Hayat Berbat

Aşağıdaki, NOON'dan bir kısa öykü, "Life is Awful." orjinal adı. Souvankham Thammavongsa, dört şiir kitabının ve How to Pronunciation Knife adlı kısa öykü koleksiyonunun yazarı, 2020 Scotiabank Giller Ödülü sahibi ve Ulusal Kitap Eleştirmenleri Çemberi Ödülü ve PEN / Amerika Açık Kitap Ödülü finalisti.  Hikayeleri O. Henry Ödülü kazandı ve The New Yorker , Harper's Magazine , The Paris Review , Granta ve NOON'da yayınlandı. Hayat Berbat hikayesi şöyle:


Bayan Hoth ne zaman kocasından ayrılmayı düşünse, ona onu sevip sevmediğini sorardı. Bu, eski aşkını kızdıran bir soruydu. Ama onun her zaman bir cevabı vardı. Ve asla aynı cevabı ermezdi. Her zaman orijinal ve onun için özel bir cevap bulurdu.

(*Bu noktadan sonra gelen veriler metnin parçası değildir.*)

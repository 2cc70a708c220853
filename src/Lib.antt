-- ===== src/Lib.antt =====
-- A model of the micro kernel: its files, pipes, terminals, memory, threads and task identities,
-- and what holds of them.
--
-- Parts, and where they are modelled (paths from the root of the repository):
--   * RingBuf: the byte rings of kernel/kern/ringbuf.c. A ring is a record with its two indices and
--     its storage; `Contents` reads it as a sequence.
--   * Pipe: kernel/kern/fs/pipe.c over a ring. A call that would block is a round that yields;
--     threads interleave as a sequence of such calls.
--   * Pty: kernel/kern/tty.c over two rings, and the names of the slaves, which Stdlib prints as
--     `itoa` of kernel/kern/stdlib.c does.
--   * Path: `vfs_mkcanon` of kernel/kern/fs/vfs.c over `strtok_r` of kernel/kern/stdlib.c. A text is a
--     list of bytes without its terminator.
--   * Vfs: the rest of kernel/kern/fs/vfs.c: permissions (Perm), the mount table (Mount), resolution
--     (Resolve), open files (File) and operations on names (Names). Drivers are reached through the
--     tables of function pointers of kernel/include/micro/vfs.h only, so `Drivers` is a parameter, with
--     a state of its own. An operation ends with a value, with an error number, or with a fault, which
--     is undefined behaviour such as a call of a null pointer.
--   * Sys: the system calls of open.c, link.c, readwr.c, fcntl.c, ioctl.c, readdir.c and pipe.c in
--     kernel/kern/fs. Their state is the running task, the open files and inodes on the heap, to
--     which a pointer is an index, so that descriptors share an open file, and the mount table.
--   * Ids: users, groups, process groups and sessions, of kernel/kern/sys.c.
--   * Wait: the searches for changed children of kernel/kern/exit.c. A child that was taken over from
--     another task is marked, since its end leaves it in the list.
--   * Heap: `kmalloc` and `kfree` of kernel/kern/heap.c, over the list of blocks in address order.
--   * Mmu: kernel/arch/amd64/amd64/mmu.c. Frames is the bitmap of page frames, over Bitmap, which ext2
--     shares; Tables the page tables of a user space; Areas the list of mapped areas; Fault
--     page faults, over these three; Pages the virtual pages of the kernel. Words has the bit
--     operations on the words of the tables.
--   * Ext2: kernel/dev/ext2/ext2.c over a disk, which keeps the blocks written to it: the packed
--     structures as bytes (Codec), inodes (Inodes, Attributes), allocation (Alloc), the blocks of a file
--     (Map), reading and writing (File), directories (Dir).
--   * LinkedList: kernel/kern/list.c over a store of nodes by their addresses; `kmalloc` is the address
--     that a call gets as its argument.
--   * Sched, Sem and Signal: the ready queue of kernel/kern/sched.c on one processor, the semaphores of
--     kernel/kern/sem.c over it, and the signals of kernel/kern/signal.c and kernel/kern/thread.c.
--   * Tasks: how a task is made and ends, kernel/kern/task.c, over the tasks by their addresses, with
--     the count that the list of children keeps. An end may also be a fault, or never come.
--   * Errno: the error numbers. Prelude: lists, tests and machine words shared by all.
--
-- Words of the machine wrap where the code computes on them (`add_size`, `sub_size`, `% 2 ^ 64`); a
-- signed word is given by its bit pattern. Fuel: the token loop gets one round more than the text has
-- bytes, and every token takes a byte; `digits` gets as many rounds as the number, which every round
-- makes smaller; `strrev` as many as the text has bytes; and the eight calls of `do_vfs_resolve` are
-- those that the code counts itself; `switch_next` has its number of rounds as an argument, and a
-- queue of ready threads needs one; the search of a directory has its rounds as an argument, and more
-- than the directory has bytes are enough; `list_clear` needs one for each node.
--
-- Not modelled: locks and several processors, fork and exec, program loading, the other drivers,
-- interrupts, user programs. The failures of the disk are left out, since the code does not test for
-- them. The fixed buffers of paths, but for the working directory of a task, are taken to be long
-- enough, and memory never to run out where the code does not test for it.
pub mod Tasks
pub mod LinkedList
pub mod Prelude
pub mod RingBuf
pub mod Pipe
pub mod Path
pub mod Errno
pub mod Vfs
pub mod Sys
pub mod Heap
pub mod Ids
pub mod Stdlib
pub mod Wait
pub mod Pty
pub mod Bitmap
pub mod Mmu
pub mod Ext2
pub mod Sched
pub mod Sem
pub mod Signal
pub mod Tests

Çok güldüğünde ve diş etlerinin çoğunu gördüğünde onu sevdiğini söyledi. Bunun çirkin bir şey olduğunu biliyordu. Sadece onu gerçekten seven biri bunu düşünebilirdi.

Başka bir sefer, uykusunda gaz çıkardığı için onu sevdiğini söyledi. “Ben beğendim. Bana yakın olduğun anlamına geliyor.” dedi.

Sadece seni gerçekten seven biri hoşlanacak böyle bir şey bulabilirdi.

Yani Bayan Hoth hep kocasının yanında kaldı. İstediği için değil, hayat uzun ve zor olduğu için ve gerçekte orada olmayı seçen birinden kimin yanında olmak iyiydi ki.

Ama sonra, bir partide bir adam gördü ve bu, bir şeyleri hak etmeyen korkunç insanların başına gelebilecek türden bir şeydi. Odada bir boşluk açıldı ve adam öne çıktı.

Bayan Hoth o akşam kocasıyla eve gideceğini biliyordu ve arkasını döndü gitti.

Bazen işler ürkütücü, aptalca ve tuhaftır, ama ne hissettiğin çok açıktır. Bayan Hoth’un hissettiği buydu.

Ve küçücüktü boyu, istediğini elde etmek için ayağa kalktığını hayal etti. Bu bazı insanların büyük kahkahalarına neden olabilirdi.

O akşam Bayan Hoth, kocasına artık onunla olmak istemediğini söyledi. Kocası nedenini bilmek istedi. Yanlış bir şey yoktu. Sadece gitmek istiyordu. Bir taksi çağırdı ve bir yere gitti. Gitmeden önce, “Hayat berbat” dedi.

Bayan Hoth, sevebileceğini düşünüyordu. Gençlerin hakkında konuştuğu türden bir sevgi… Büyü, heyecan ve tutku. Bunlar da sevgiyle gelebilecek şeylerdi.

Bayan Hoth erkeğini bulmuştu. On beş yaş küçüktü ve hayatı berbat değildi. Cesaret vericiydi.

Bir öğleden sonra Bayan Hoth havuzun kenarında oturmuş yeni kocasının yüzmesini izliyordu. Kocasının büyükannesi de oradaydı ve hiç konuşmayan sessiz bir kadın olan büyükannesi ona “Ah, seni seviyorum! Sen çok değerlisin.” dedi.

Bayan Hoth bir ailenin parçası olmak istememiş miydi? Yeğenleri ve büyükannesi olan biri mi? Belki onunla evlenmek istemiyordu ama bir ailenin yanında olmak istiyordu. Bir aile kurmak, bir ailenin parçası olmak çok uzun zaman alıyordu. Büyükannesini özlerdi hep. Parlak, cilalı ayak parmakları dondurma gibi parlıyordu.